§ **Task details**:
Copy, word for word, the lines of the entries below between the one with "repository 46c90f81f4063c95" and the one with "its payload agrees.", inclusive, and leave out everything else.

- - - - - - -

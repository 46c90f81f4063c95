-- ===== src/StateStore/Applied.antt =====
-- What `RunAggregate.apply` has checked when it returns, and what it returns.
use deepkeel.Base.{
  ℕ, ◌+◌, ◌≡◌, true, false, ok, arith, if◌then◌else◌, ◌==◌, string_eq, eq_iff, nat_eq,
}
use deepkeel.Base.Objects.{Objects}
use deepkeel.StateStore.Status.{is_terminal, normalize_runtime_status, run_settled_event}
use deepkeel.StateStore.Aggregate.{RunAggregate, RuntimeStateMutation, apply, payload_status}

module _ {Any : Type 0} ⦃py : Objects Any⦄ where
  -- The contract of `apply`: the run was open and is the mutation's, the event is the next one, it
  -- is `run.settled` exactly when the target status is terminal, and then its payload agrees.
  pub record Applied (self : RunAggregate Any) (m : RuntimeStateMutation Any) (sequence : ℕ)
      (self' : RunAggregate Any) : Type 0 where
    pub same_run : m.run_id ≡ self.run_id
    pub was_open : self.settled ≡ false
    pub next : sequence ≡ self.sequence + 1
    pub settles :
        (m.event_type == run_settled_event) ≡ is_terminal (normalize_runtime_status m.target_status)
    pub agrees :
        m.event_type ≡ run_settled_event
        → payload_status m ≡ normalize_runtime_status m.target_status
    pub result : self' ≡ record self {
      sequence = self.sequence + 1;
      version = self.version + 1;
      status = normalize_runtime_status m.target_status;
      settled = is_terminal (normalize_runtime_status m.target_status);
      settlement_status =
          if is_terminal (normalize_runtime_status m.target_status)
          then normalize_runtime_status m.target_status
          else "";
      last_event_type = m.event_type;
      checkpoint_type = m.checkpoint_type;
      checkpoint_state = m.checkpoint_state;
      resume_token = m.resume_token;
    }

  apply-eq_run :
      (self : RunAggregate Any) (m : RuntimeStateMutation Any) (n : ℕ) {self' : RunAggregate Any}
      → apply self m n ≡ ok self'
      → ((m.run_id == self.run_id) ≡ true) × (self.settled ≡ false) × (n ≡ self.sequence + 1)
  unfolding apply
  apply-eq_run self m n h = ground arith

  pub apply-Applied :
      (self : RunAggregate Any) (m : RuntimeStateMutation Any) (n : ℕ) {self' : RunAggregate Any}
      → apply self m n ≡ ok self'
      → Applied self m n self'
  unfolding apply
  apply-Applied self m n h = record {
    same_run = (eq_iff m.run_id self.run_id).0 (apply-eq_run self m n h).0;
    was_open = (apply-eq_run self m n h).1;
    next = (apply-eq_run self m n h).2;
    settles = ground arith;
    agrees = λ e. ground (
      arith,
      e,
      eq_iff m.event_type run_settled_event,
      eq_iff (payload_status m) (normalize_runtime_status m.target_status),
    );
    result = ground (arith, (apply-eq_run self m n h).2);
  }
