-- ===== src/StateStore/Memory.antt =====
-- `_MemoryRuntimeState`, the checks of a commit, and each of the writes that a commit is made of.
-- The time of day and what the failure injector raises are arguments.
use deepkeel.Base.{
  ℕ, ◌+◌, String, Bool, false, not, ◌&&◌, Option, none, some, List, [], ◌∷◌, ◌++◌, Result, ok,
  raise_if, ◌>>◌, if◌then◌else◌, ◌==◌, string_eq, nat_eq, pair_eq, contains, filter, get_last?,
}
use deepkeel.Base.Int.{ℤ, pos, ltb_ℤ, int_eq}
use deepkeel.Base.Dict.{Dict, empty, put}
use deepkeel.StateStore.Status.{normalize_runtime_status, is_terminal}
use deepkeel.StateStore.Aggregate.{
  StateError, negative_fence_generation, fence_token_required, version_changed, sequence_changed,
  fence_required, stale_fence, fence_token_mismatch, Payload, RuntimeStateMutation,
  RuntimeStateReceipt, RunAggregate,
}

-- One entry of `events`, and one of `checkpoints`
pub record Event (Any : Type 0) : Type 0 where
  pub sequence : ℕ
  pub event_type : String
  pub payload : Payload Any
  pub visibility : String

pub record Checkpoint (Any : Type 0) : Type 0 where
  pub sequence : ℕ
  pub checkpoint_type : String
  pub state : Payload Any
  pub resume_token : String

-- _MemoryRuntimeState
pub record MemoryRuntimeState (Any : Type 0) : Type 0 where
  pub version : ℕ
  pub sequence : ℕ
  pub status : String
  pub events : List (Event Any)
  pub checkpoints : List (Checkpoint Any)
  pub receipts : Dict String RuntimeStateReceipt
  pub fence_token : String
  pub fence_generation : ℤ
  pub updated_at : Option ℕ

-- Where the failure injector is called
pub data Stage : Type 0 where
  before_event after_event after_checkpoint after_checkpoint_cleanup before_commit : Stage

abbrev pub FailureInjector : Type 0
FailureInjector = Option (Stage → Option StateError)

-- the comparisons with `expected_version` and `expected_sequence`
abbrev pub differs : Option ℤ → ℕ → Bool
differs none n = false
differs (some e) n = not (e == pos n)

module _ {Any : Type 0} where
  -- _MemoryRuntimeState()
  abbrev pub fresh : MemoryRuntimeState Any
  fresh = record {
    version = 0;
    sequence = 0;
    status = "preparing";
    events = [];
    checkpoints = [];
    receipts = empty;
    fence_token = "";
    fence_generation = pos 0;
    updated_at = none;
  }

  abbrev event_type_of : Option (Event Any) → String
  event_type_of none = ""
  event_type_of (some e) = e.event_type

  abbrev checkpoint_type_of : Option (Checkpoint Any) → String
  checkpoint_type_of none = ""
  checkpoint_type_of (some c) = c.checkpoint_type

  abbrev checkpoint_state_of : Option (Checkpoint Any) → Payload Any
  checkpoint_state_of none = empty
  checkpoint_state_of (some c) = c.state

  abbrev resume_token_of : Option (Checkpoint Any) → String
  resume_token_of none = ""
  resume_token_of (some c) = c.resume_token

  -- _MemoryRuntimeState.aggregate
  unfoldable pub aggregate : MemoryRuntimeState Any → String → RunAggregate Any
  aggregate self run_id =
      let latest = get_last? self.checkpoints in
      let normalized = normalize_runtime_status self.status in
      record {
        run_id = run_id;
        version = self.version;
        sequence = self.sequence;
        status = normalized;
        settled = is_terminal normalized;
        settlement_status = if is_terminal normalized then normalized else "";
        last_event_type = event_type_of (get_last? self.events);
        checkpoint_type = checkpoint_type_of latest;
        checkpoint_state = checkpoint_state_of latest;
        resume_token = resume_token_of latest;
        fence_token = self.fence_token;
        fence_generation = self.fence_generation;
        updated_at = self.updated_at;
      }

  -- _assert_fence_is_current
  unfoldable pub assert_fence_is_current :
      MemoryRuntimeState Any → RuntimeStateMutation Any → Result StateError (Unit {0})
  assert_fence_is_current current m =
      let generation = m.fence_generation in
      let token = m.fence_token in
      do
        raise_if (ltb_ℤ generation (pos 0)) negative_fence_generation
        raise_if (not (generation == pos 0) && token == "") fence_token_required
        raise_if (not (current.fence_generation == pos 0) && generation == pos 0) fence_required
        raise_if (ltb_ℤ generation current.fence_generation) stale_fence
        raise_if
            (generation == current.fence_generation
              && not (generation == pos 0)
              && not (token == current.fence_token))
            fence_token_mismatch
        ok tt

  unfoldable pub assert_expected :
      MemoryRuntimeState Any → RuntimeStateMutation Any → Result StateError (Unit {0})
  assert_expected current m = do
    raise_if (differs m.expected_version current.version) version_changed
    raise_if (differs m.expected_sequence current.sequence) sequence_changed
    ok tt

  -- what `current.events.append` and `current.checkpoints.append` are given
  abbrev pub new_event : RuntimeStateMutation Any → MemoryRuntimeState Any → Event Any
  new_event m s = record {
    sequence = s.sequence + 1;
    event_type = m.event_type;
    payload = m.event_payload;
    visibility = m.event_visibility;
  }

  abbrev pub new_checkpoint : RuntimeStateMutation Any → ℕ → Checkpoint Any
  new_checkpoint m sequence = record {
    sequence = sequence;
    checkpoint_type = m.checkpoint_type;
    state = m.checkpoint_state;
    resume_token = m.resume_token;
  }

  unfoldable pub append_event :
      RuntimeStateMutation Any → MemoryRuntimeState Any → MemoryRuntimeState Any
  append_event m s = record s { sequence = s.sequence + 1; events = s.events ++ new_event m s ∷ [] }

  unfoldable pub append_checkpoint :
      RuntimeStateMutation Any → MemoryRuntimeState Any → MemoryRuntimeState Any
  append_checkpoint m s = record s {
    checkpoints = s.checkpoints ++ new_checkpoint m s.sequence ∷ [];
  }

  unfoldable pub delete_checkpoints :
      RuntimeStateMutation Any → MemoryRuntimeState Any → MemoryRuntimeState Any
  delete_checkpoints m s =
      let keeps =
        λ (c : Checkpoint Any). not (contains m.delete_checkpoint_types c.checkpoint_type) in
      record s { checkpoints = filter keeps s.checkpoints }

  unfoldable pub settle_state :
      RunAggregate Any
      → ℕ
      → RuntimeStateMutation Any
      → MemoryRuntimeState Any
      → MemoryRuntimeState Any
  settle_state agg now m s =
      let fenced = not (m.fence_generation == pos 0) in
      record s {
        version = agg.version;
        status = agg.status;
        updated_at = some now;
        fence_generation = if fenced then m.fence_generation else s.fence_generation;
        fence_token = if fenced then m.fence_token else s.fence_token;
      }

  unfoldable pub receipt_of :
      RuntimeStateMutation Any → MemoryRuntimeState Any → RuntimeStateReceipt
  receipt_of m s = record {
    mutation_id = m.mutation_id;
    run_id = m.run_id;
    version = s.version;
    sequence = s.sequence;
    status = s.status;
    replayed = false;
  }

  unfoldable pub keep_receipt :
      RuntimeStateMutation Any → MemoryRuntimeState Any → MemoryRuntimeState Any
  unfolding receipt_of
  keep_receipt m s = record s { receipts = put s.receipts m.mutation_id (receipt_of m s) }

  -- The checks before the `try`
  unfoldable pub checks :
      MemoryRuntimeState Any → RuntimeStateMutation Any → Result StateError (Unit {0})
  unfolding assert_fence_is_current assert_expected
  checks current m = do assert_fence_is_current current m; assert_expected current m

- - - - - - -

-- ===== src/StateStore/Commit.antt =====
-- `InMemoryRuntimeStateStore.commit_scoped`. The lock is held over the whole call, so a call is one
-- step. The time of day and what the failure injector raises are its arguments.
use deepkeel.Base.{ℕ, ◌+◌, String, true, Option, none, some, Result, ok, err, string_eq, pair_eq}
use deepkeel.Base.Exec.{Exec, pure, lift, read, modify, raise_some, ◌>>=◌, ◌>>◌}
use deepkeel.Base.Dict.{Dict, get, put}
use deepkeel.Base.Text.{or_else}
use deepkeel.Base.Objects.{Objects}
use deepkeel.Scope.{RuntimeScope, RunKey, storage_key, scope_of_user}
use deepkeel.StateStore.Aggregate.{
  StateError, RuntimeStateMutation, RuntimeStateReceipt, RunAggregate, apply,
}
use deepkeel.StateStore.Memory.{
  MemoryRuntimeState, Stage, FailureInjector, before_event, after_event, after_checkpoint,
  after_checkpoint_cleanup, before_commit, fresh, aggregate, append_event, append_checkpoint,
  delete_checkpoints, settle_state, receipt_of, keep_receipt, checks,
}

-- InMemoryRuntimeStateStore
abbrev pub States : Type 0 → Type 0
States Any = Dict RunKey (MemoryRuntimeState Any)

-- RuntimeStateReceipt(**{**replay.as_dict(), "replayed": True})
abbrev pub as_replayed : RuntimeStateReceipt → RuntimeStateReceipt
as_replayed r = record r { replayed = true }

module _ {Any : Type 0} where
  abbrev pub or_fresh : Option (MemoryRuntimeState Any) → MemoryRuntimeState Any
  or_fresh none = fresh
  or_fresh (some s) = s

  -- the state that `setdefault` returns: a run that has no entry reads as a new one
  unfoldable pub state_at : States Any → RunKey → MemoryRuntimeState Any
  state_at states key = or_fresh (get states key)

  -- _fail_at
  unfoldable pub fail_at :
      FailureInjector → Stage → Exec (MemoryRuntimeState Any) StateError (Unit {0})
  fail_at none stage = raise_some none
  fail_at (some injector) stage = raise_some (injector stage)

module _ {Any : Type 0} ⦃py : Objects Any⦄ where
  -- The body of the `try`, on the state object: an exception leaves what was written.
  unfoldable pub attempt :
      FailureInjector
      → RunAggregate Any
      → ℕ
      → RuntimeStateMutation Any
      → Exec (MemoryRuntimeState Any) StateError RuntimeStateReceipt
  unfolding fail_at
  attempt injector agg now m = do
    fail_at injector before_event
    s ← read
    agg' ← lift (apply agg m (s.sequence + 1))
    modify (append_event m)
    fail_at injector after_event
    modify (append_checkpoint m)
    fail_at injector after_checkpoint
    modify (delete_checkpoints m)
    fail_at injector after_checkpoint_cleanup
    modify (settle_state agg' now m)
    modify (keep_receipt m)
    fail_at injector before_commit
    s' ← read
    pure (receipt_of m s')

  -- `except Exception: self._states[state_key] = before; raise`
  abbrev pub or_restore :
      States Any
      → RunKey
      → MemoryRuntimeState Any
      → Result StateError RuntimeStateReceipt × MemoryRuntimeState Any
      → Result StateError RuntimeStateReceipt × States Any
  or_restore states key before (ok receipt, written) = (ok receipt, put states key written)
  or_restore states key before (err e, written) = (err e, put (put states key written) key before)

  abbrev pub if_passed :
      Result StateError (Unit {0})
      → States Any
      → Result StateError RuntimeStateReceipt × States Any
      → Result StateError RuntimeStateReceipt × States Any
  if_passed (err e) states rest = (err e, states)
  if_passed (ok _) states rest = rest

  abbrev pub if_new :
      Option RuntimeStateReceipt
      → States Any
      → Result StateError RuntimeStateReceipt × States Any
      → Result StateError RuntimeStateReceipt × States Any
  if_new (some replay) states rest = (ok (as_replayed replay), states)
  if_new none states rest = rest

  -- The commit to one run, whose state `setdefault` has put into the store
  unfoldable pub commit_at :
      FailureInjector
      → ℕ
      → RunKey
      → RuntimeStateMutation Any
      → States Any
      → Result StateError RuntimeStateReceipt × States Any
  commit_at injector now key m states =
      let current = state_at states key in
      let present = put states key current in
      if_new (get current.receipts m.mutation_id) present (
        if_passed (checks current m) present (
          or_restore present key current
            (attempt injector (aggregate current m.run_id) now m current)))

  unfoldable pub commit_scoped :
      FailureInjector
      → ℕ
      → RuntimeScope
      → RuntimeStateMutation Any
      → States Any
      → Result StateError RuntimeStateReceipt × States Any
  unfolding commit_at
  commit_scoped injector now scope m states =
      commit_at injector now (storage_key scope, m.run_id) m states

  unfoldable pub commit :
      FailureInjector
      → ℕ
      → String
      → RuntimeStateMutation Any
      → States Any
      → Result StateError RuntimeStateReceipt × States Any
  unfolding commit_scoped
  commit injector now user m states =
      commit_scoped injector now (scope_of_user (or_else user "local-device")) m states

- - - - - - -

§ **Response**:
repository 46c90f81f4063c95
-- ===== src/StateStore/Applied.antt =====
-- What `RunAggregate.apply` has checked when it returns, and what it returns.
use deepkeel.Base.{
  ℕ, ◌+◌, ◌≡◌, true, false, ok, arith, if◌then◌else◌, ◌==◌, string_eq, eq_iff, nat_eq,
}
use deepkeel.Base.Objects.{Objects}
use deepkeel.StateStore.Status.{is_terminal, normalize_runtime_status, run_settled_event}
use deepkeel.StateStore.Aggregate.{RunAggregate, RuntimeStateMutation, apply, payload_status}

module _ {Any : Type 0} ⦃py : Objects Any⦄ where
  -- The contract of `apply`: the run was open and is the mutation's, the event is the next one, it
  -- is `run.settled` exactly when the target status is terminal, and then its payload agrees.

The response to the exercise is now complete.